■ Material to process:
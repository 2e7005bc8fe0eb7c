-- ===== src/Finish.antt =====
-- src/assemble.cpp: `Assembler::finish`: the last labels, the base addresses of the sections, and
-- the scheduled work.
pub mod Place
pub mod Work
pub mod Order
pub mod Rounds
pub mod Starts
pub mod Disjoint
pub mod Sound
pub mod Bases
use bigassm.Prelude.{
  ℕ, zero, suc, ◌+◌, ◌-◌, ◌%◌, ◌^◌, bit_and, Bool, false, not, ◌&&◌, none, some, List, [], ◌∷◌,
  Bytes, codes, length, ◌==◌, if◌then◌else◌, ◌++◌, Map, find,
}
use bigassm.Types.{runtime_error}
use bigassm.Types.Print.{int_to_string}
use bigassm.Section
use bigassm.Section.{Section, set_base_address}
use bigassm.Assembler.{
  Options, Scheduled, Asm, pure, throw, get, ◌>>=◌, ◌>>◌, with_section, align_section_with_labels,
}
use bigassm.Patch.{run_scheduled}

abbrev pub keys {ℓ} : {V : Type ℓ} → Map V → List Bytes
keys [] = []
keys ((k, v) ∷ m) = k ∷ keys m

-- `for (auto& sit : sections()) sit.second.align_with_labels(*this, 1);`
unfoldable pub finish_labels : List Bytes → Asm (Unit {0})
unfolding align_section_with_labels
finish_labels [] = pure tt
finish_labels (name ∷ names) = do align_section_with_labels name 1; finish_labels names

-- The lambda `section_at`.
unfoldable pub find_index : ℕ → Map Section → Asm Section
find_index idx [] =
    throw (runtime_error (codes "Could not find section index " ++ int_to_string idx))
find_index idx ((k, s) ∷ m) = if s.idx == idx then pure s else find_index idx m

-- `(x + mask) & ~(address_t)mask`
unfoldable pub round_up : ℕ → ℕ → ℕ
round_up mask x = bit_and ((x + mask) % 2 ^ 128) (2 ^ 128 - 1 - mask)

-- The variables of the loop over the sections.
pub record Layout : Type 0 where
  pub base_addr : ℕ
  pub was_executable : Bool
  pub was_readonly : Bool

-- The realignment to a page in front of a section that has no base address of its own.
unfoldable pub realign : Options → Section → Layout → Layout
unfolding round_up
realign options s l =
    if options.section_attr_page_separation
    then if l.was_executable && not s.code
      then record l { was_executable = false; base_addr = round_up 0xFFF l.base_addr }
      else if l.was_readonly && not s.readonly
      then record l { was_readonly = false; base_addr = round_up 0xFFF l.base_addr }
      else l
    else l

-- What the loop does about one section: its base address, and the variables for the next.
unfoldable pub place : Options → Section → Layout → ℕ × Layout
unfolding realign round_up Section.size
place options s l =
    let l' =
      if s.has_base_address
      then record l { base_addr = s.base_address; was_executable = s.code }
      else realign options s l in
    (
      l'.base_addr,
      record l' { base_addr = round_up 0xF ((l'.base_addr + Section.size s) % 2 ^ 128) },
    )

-- `for (size_t idx = 0; idx < m_sections.size(); idx++)`, with the rounds left.
unfoldable pub resolve_loop : ℕ → ℕ → Layout → Asm (Unit {0})
unfolding find_index place with_section set_base_address
resolve_loop zero idx l = pure tt
resolve_loop (suc n) idx l = do
  a ← get
  s ← find_index idx a.sections
  let (base, l') = place a.options s l
  with_section s.name (λ s. if s.has_base_address then s else set_base_address base s)
  resolve_loop n (suc idx) l'

unfoldable pub resolve_base_addresses : Asm (Unit {0})
unfolding resolve_loop
resolve_base_addresses = do
  a ← get
  resolve_loop (length a.sections) 0
      (record { base_addr = a.options.base; was_executable = false; was_readonly = false })

unfoldable pub run_all : List Scheduled → Bytes → Asm (Unit {0})
unfolding run_scheduled
run_all [] name = pure tt
run_all (op ∷ ops) name = do run_scheduled op name; run_all ops name

unfoldable pub finish_scheduled_loop : Map (List Scheduled) → Asm (Unit {0})
unfolding run_all find
finish_scheduled_loop [] = pure tt
finish_scheduled_loop ((name, ops) ∷ rest) = do
  a ← get
  elim (find name a.lookup) [
    | some sym ↦ run_all ops name
    | none ↦ throw (runtime_error (codes "Unknown symbol scheduled: " ++ name))
  ]
  finish_scheduled_loop rest

unfoldable pub finish_scheduled_work : Asm (Unit {0})
unfolding finish_scheduled_loop
finish_scheduled_work = do a ← get; finish_scheduled_loop a.schedule

unfoldable pub finish : Asm (Unit {0})
unfolding finish_labels resolve_base_addresses finish_scheduled_work
finish = do a ← get; finish_labels (keys a.sections); resolve_base_addresses; finish_scheduled_work
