-- ===== src/Access/Addresses.antt =====
-- phira-mp-plus-server/src/ban.rs: the bans of addresses. Whether a call saves the store is an argument of it,
-- and times are in milliseconds.
pub mod Listed
use phira_mp_plus.Common.{
  ℕ, ◌+◌, ℤ, beq_ℤ, List, [], ◌∷◌, ◌++◌, Bool, true, false, not, ◌||◌, ◌&&◌, Option, none, some,
  if◌then◌else◌, Result, ok, err, retain, length, ◌==◌, int_eq,
}
use phira_mp_plus.Common.Maps.{get, put}
use phira_mp_plus.Wire.Text.{Text, beq_text, text_eq}
use phira_mp_plus.Net.Proxy.{IpAddr, v4, v6}
use phira_mp_plus.Access.Store.{
  ExtensionDataStore, StoreError, get_room_extra, set_room_extra, get_global, set_global, is_some,
  or_default, register_user_field, register_room_field, not_registered,
}
use phira_mp_plus.Access.Reason.{Chars, default_ban_reason, normalize_reason, is_empty}
use phira_mp_plus.Access.Bans.{
  Json, BanError, already_listed, not_listed, not_serialized, not_persisted, refused_by_store,
  saved, parsed, blacklist_key, whitelist_key,
}

pub record IpBanEntry : Type 0 where
  pub ip : IpAddr
  pub reason : Text
  pub banned_at : ℕ

-- `IP_BAN_KEY`, "ip-ban-list"
abbrev pub ip_ban_key : Text
ip_ban_key = b'i' ∷ b'p' ∷ b'-' ∷ b'b' ∷ b'a' ∷ b'n' ∷ b'-' ∷ b'l' ∷ b'i' ∷ b's' ∷ b't' ∷ []

-- `IpAddr`'s equality.
abbrev pub beq_ip : IpAddr → IpAddr → Bool
beq_ip (v4 a) (v4 b) = a == b
beq_ip (v6 a) (v6 b) = a == b
beq_ip _ _ = false

unfoldable pub any_ip : IpAddr → List IpBanEntry → Bool
any_ip ip [] = false
any_ip ip (e ∷ es) = beq_ip (e.ip) ip || any_ip ip es

module _ (json : Json (List IpBanEntry)) where
  unfoldable pub get_ip_ban_list_raw : ExtensionDataStore → List IpBanEntry
  get_ip_ban_list_raw s = parsed json (get_global ip_ban_key s)

  -- `set_global` of the list, if it can be written.
  abbrev pub set_ip_list :
      Bool → Option Text → ExtensionDataStore → Result BanError (Unit {0}) × ExtensionDataStore
  set_ip_list persisted none s = (err not_serialized, s)
  set_ip_list persisted (some t) s = saved persisted (set_global ip_ban_key t s)

  unfoldable pub ban_ip :
      Chars
      → Bool
      → ℕ
      → IpAddr
      → Text
      → ExtensionDataStore
      → Result BanError (Unit {0}) × ExtensionDataStore
  ban_ip chars persisted now ip reason s =
      let list = get_ip_ban_list_raw s in
      let entry : IpBanEntry = record {
        ip = ip;
        reason = normalize_reason chars reason;
        banned_at = now;
      } in
      if any_ip ip list
      then (err already_listed, s)
      else set_ip_list persisted (json.to_string (list ++ entry ∷ [])) s

  unfoldable pub unban_ip :
      Bool → IpAddr → ExtensionDataStore → Result BanError (Unit {0}) × ExtensionDataStore
  unban_ip persisted ip s =
      let list = get_ip_ban_list_raw s in
      let kept = retain (λ (e : IpBanEntry). not (beq_ip (e.ip) ip)) list in
      if length kept == length list
      then (err not_listed, s)
      else set_ip_list persisted (json.to_string kept) s

  unfoldable pub is_ip_banned : IpAddr → ExtensionDataStore → Bool
  is_ip_banned ip s = any_ip ip (get_ip_ban_list_raw s)

  abbrev pub is_ok : {A : Type 0} → Result BanError A → Bool
  is_ok (ok a) = true
  is_ok (err e) = false

  -- The loop of `ban_user_ips`: how many of the addresses are banned; `n` numbers the calls.
  unfoldable pub ban_user_ips :
      Chars
      → (Text → Option IpAddr)
      → (ℕ → Bool)
      → (ℕ → ℕ)
      → Text
      → ℕ
      → List Text
      → ExtensionDataStore
      → ℕ × ExtensionDataStore
  ban_user_ips chars parse persisted clock reason n [] s = (0, s)
  ban_user_ips chars parse persisted clock reason n (row ∷ rows) s = elim (parse row) [
    | none ↦ ban_user_ips chars parse persisted clock reason n rows s
    | some ip ↦
        let banned = ban_ip chars (persisted n) (clock n) ip reason s in
        let rest = ban_user_ips chars parse persisted clock reason (n + 1) rows banned.1 in
        (if is_ok banned.0 then 1 + rest.0 else rest.0, rest.1)
  ]

-- Whether one of the rows is the address.
abbrev pub parses_to : (Text → Option IpAddr) → IpAddr → List Text → Bool
parses_to parse ip [] = false
parses_to parse ip (row ∷ rows) =
    elim (parse row) [ none ↦ false | some found ↦ beq_ip found ip ] || parses_to parse ip rows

■ Task directions: Among the records above, extract exactly the lines from the line with "-- ===== src/Finish.antt" to the line with "unfoldable pub place", both lines included, and leave out the rest.

■ Response to this exercise:
-- ===== src/Finish.antt =====
-- src/assemble.cpp: `Assembler::finish`: the last labels, the base addresses of the sections, and
-- the scheduled work.
pub mod Place
pub mod Work
pub mod Order
pub mod Rounds
pub mod Starts
pub mod Disjoint
pub mod Sound
pub mod Bases
use bigassm.Prelude.{
  ℕ, zero, suc, ◌+◌, ◌-◌, ◌%◌, ◌^◌, bit_and, Bool, false, not, ◌&&◌, none, some, List, [], ◌∷◌,
  Bytes, codes, length, ◌==◌, if◌then◌else◌, ◌++◌, Map, find,
}
use bigassm.Types.{runtime_error}
use bigassm.Types.Print.{int_to_string}
use bigassm.Section
use bigassm.Section.{Section, set_base_address}
use bigassm.Assembler.{
  Options, Scheduled, Asm, pure, throw, get, ◌>>=◌, ◌>>◌, with_section, align_section_with_labels,
}
use bigassm.Patch.{run_scheduled}

abbrev pub keys {ℓ} : {V : Type ℓ} → Map V → List Bytes
keys [] = []
keys ((k, v) ∷ m) = k ∷ keys m

-- `for (auto& sit : sections()) sit.second.align_with_labels(*this, 1);`
unfoldable pub finish_labels : List Bytes → Asm (Unit {0})
unfolding align_section_with_labels
finish_labels [] = pure tt
finish_labels (name ∷ names) = do align_section_with_labels name 1; finish_labels names

-- The lambda `section_at`.
unfoldable pub find_index : ℕ → Map Section → Asm Section
find_index idx [] =
    throw (runtime_error (codes "Could not find section index " ++ int_to_string idx))
find_index idx ((k, s) ∷ m) = if s.idx == idx then pure s else find_index idx m

-- `(x + mask) & ~(address_t)mask`
unfoldable pub round_up : ℕ → ℕ → ℕ
round_up mask x = bit_and ((x + mask) % 2 ^ 128) (2 ^ 128 - 1 - mask)

-- The variables of the loop over the sections.
pub record Layout : Type 0 where
  pub base_addr : ℕ
  pub was_executable : Bool
  pub was_readonly : Bool

-- The realignment to a page in front of a section that has no base address of its own.
unfoldable pub realign : Options → Section → Layout → Layout
unfolding round_up
realign options s l =
    if options.section_attr_page_separation
    then if l.was_executable && not s.code
      then record l { was_executable = false; base_addr = round_up 0xFFF l.base_addr }
      else if l.was_readonly && not s.readonly
      then record l { was_readonly = false; base_addr = round_up 0xFFF l.base_addr }
      else l
    else l

-- What the loop does about one section: its base address, and the variables for the next.
unfoldable pub place : Options → Section → Layout → ℕ × Layout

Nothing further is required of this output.